Stored items:
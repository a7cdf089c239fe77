-- ===== src/Examples/Config.antt =====
-- Examples for config.go and the configurations that it checks.
use go_rag_agent.Base.{
  true, false, ◌≡◌, refl, [], ◌∷◌, Option, none, some, pos, Text, codes, trim_space, trim_left,
  is_space, contains, has_prefix, text_eq, any,
}
use go_rag_agent.Access.{normalize_boundary, normalize_strings}
use go_rag_agent.Config.Governance.{
  RawGovernance, raw_governance_normalized, raw_rate_limit_normalized, raw_breaker_normalized,
  raw_rate_limit_enabled, raw_breaker_enabled, IsNatural,
}
use go_rag_agent.Config.Bridges.{
  BridgeConfig, bridge_normalized, bridge_enabled, has_places, image_checks, ocr_checks,
  web_search_normalized, web_search_checks, first_failed, no_image_command, rerank_without_hybrid,
}
use go_rag_agent.Config.Options.{Config, ocr_normalized, normalized, defaulted, with_defaults}
use go_rag_agent.Config.Checks.{
  Url, is_base_url, first_non_empty, model_checks, provider_checks, limit_checks, governance_checks,
  has_tool, is_output_format, feature_checks, checks, validate,
}
use go_rag_agent.Config.Usable.{IsUsable, validate-IsUsable}

-- a parser that knows no URI
abbrev no_url : Text → Option Url
no_url text = none

abbrev no_bridge : BridgeConfig
no_bridge = record { command = []; args = []; env = []; work_dir = [] }

abbrev governance : RawGovernance
governance = record {
  retry_max_attempts = pos 0;
  retry_base_delay = pos 0;
  retry_max_delay = pos 0;
  rate_limit = record { requests_per_second = pos 2000000; burst = pos 0 };
  circuit_breaker = record {
    failure_threshold = pos 3;
    open_timeout = pos 1000;
    half_open_max_calls = pos 0;
  };
}

-- models of the caller's own, and defaults
abbrev plain : Config
plain = record {
  chat_model = [];
  chat_base_url = codes "ftp://models";
  chat_api_key = [];
  embedding_model = [];
  embedding_base_url = [];
  embedding_api_key = [];
  data_dir = codes " data ";
  top_k = pos 0;
  chunk_size = pos 0;
  chunk_overlap = pos 100;
  max_history_rounds = pos 0;
  max_tool_calls = pos 0;
  max_iterations = pos 0;
  request_timeout = pos 0;
  max_execution_duration = pos 0;
  max_prompt_tokens = pos 0;
  max_history_tokens = pos 0;
  max_evidence_tokens = pos 0;
  max_summary_tokens = pos 0;
  max_memory_tokens = pos 0;
  long_term_memory_ttl = pos 0;
  long_term_memory_max_stored_runes = pos 0;
  enable_prompt_hardening = false;
  access_boundary = record {
    namespace = [];
    allowed_source_paths = [];
    allowed_source_prefixes = [];
    policy = none;
  };
  enable_hybrid_search = false;
  enable_rerank = false;
  enable_web_search = false;
  enable_tool_calling = true;
  structured_output_format = [];
  reasoning_effort = [];
  hybrid_candidate_multiplier = pos 0;
  hybrid_rrf_k = pos 0;
  rerank_shortlist_multiplier = pos 0;
  has_chat_model = true;
  has_embedder = true;
  provider_governance = governance;
  registered_tools = some 1;
  pdf_ocr_bridge = record { bridge = no_bridge; min_direct_text_runes = pos 0 };
  image_text_bridge = no_bridge;
  web_search = record {
    api_key = [];
    base_url = [];
    max_results = pos 0;
    search_depth = [];
    topic = [];
  };
  long_term_memory_top_k = pos 0;
  long_term_memory_threshold = pos 0;
}

plain-valid : validate no_url plain ≡ none
unfolding validate with_defaults normalized defaulted ocr_normalized bridge_normalized
    web_search_normalized raw_governance_normalized raw_rate_limit_normalized raw_breaker_normalized
    raw_rate_limit_enabled raw_breaker_enabled normalize_boundary normalize_strings checks
    provider_checks model_checks first_non_empty is_base_url limit_checks governance_checks
    feature_checks has_tool is_output_format web_search_checks ocr_checks image_checks
    bridge_enabled has_places first_failed text_eq any contains has_prefix trim_space trim_left
    is_space
plain-valid = refl

rerank_alone : validate no_url (record plain { enable_rerank = true }) ≡ some rerank_without_hybrid
unfolding validate with_defaults normalized defaulted ocr_normalized bridge_normalized
    web_search_normalized raw_governance_normalized raw_rate_limit_normalized raw_breaker_normalized
    raw_rate_limit_enabled raw_breaker_enabled normalize_boundary normalize_strings checks
    provider_checks model_checks first_non_empty is_base_url limit_checks governance_checks
    feature_checks has_tool is_output_format web_search_checks ocr_checks image_checks
    bridge_enabled has_places first_failed text_eq any contains has_prefix trim_space trim_left
    is_space
rerank_alone = refl

-- the hardening that was switched off and the memories that were, are on
defaults_on :
    ((with_defaults plain).enable_prompt_hardening ≡ true)
    × ((with_defaults plain).long_term_memory_top_k ≡ pos 3)
unfolding with_defaults normalized defaulted
defaults_on = (refl, refl)

bridge_without_command :
    first_failed (image_checks (record no_bridge { args = codes "{input}" ∷ [] }))
    ≡ some no_image_command
unfolding image_checks bridge_normalized bridge_enabled has_places first_failed any contains
    has_prefix trim_space trim_left is_space
bridge_without_command = refl

validate-IsUsable_example : IsUsable (with_defaults plain)
validate-IsUsable_example = validate-IsUsable no_url plain plain-valid

governance-IsNatural : IsNatural governance
governance-IsNatural = record {
  attempts = refl;
  base_delay = refl;
  max_delay = refl;
  rate = refl;
  tokens = refl;
  threshold = refl;
  timeout = refl;
  probes = refl;
}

### WORK TO BE COMPLETED:
Output the data in full, precisely as it appears above.

### SOLVED PROBLEM:
repository a7cdf089c239fe77
-- ===== src/Examples/Config.antt =====
-- Examples for config.go and the configurations that it checks.
use go_rag_agent.Base.{
  true, false, ◌≡◌, refl, [], ◌∷◌, Option, none, some, pos, Text, codes, trim_space, trim_left,
  is_space, contains, has_prefix, text_eq, any,
}
use go_rag_agent.Access.{normalize_boundary, normalize_strings}
use go_rag_agent.Config.Governance.{
  RawGovernance, raw_governance_normalized, raw_rate_limit_normalized, raw_breaker_normalized,
  raw_rate_limit_enabled, raw_breaker_enabled, IsNatural,
}
use go_rag_agent.Config.Bridges.{
  BridgeConfig, bridge_normalized, bridge_enabled, has_places, image_checks, ocr_checks,
  web_search_normalized, web_search_checks, first_failed, no_image_command, rerank_without_hybrid,
}
use go_rag_agent.Config.Options.{Config, ocr_normalized, normalized, defaulted, with_defaults}
use go_rag_agent.Config.Checks.{
  Url, is_base_url, first_non_empty, model_checks, provider_checks, limit_checks, governance_checks,
  has_tool, is_output_format, feature_checks, checks, validate,
}
use go_rag_agent.Config.Usable.{IsUsable, validate-IsUsable}

-- a parser that knows no URI
abbrev no_url : Text → Option Url
no_url text = none

abbrev no_bridge : BridgeConfig
no_bridge = record { command = []; args = []; env = []; work_dir = [] }

abbrev governance : RawGovernance
governance = record {
  retry_max_attempts = pos 0;
  retry_base_delay = pos 0;
  retry_max_delay = pos 0;
  rate_limit = record { requests_per_second = pos 2000000; burst = pos 0 };
  circuit_breaker = record {
    failure_threshold = pos 3;
    open_timeout = pos 1000;
    half_open_max_calls = pos 0;
  };
}

-- models of the caller's own, and defaults
abbrev plain : Config
plain = record {
  chat_model = [];
  chat_base_url = codes "ftp://models";
  chat_api_key = [];
  embedding_model = [];
  embedding_base_url = [];
  embedding_api_key = [];
  data_dir = codes " data ";
  top_k = pos 0;
  chunk_size = pos 0;
  chunk_overlap = pos 100;
  max_history_rounds = pos 0;
  max_tool_calls = pos 0;
  max_iterations = pos 0;
  request_timeout = pos 0;
  max_execution_duration = pos 0;
  max_prompt_tokens = pos 0;
  max_history_tokens = pos 0;
  max_evidence_tokens = pos 0;
  max_summary_tokens = pos 0;
  max_memory_tokens = pos 0;
  long_term_memory_ttl = pos 0;
  long_term_memory_max_stored_runes = pos 0;
  enable_prompt_hardening = false;
  access_boundary = record {
    namespace = [];
    allowed_source_paths = [];
    allowed_source_prefixes = [];
    policy = none;
  };
  enable_hybrid_search = false;
  enable_rerank = false;
  enable_web_search = false;
  enable_tool_calling = true;
  structured_output_format = [];
  reasoning_effort = [];
  hybrid_candidate_multiplier = pos 0;
  hybrid_rrf_k = pos 0;
  rerank_shortlist_multiplier = pos 0;
  has_chat_model = true;
  has_embedder = true;
  provider_governance = governance;
  registered_tools = some 1;
  pdf_ocr_bridge = record { bridge = no_bridge; min_direct_text_runes = pos 0 };
  image_text_bridge = no_bridge;
  web_search = record {
    api_key = [];
    base_url = [];
    max_results = pos 0;
    search_depth = [];
    topic = [];
  };
  long_term_memory_top_k = pos 0;
  long_term_memory_threshold = pos 0;
}

plain-valid : validate no_url plain ≡ none
unfolding validate with_defaults normalized defaulted ocr_normalized bridge_normalized
    web_search_normalized raw_governance_normalized raw_rate_limit_normalized raw_breaker_normalized
    raw_rate_limit_enabled raw_breaker_enabled normalize_boundary normalize_strings checks
    provider_checks model_checks first_non_empty is_base_url limit_checks governance_checks
    feature_checks has_tool is_output_format web_search_checks ocr_checks image_checks
    bridge_enabled has_places first_failed text_eq any contains has_prefix trim_space trim_left
    is_space
plain-valid = refl

rerank_alone : validate no_url (record plain { enable_rerank = true }) ≡ some rerank_without_hybrid
unfolding validate with_defaults normalized defaulted ocr_normalized bridge_normalized
    web_search_normalized raw_governance_normalized raw_rate_limit_normalized raw_breaker_normalized
    raw_rate_limit_enabled raw_breaker_enabled normalize_boundary normalize_strings checks
    provider_checks model_checks first_non_empty is_base_url limit_checks governance_checks
    feature_checks has_tool is_output_format web_search_checks ocr_checks image_checks
    bridge_enabled has_places first_failed text_eq any contains has_prefix trim_space trim_left
    is_space
rerank_alone = refl

-- the hardening that was switched off and the memories that were, are on
defaults_on :
    ((with_defaults plain).enable_prompt_hardening ≡ true)
    × ((with_defaults plain).long_term_memory_top_k ≡ pos 3)
unfolding with_defaults normalized defaulted
defaults_on = (refl, refl)

bridge_without_command :
    first_failed (image_checks (record no_bridge { args = codes "{input}" ∷ [] }))
    ≡ some no_image_command
unfolding image_checks bridge_normalized bridge_enabled has_places first_failed any contains
    has_prefix trim_space trim_left is_space
bridge_without_command = refl

validate-IsUsable_example : IsUsable (with_defaults plain)
validate-IsUsable_example = validate-IsUsable no_url plain plain-valid

governance-IsNatural : IsNatural governance
governance-IsNatural = record {
  attempts = refl;
  base_delay = refl;
  max_delay = refl;
  rate = refl;
  tokens = refl;
  threshold = refl;
  timeout = refl;
  probes = refl;
}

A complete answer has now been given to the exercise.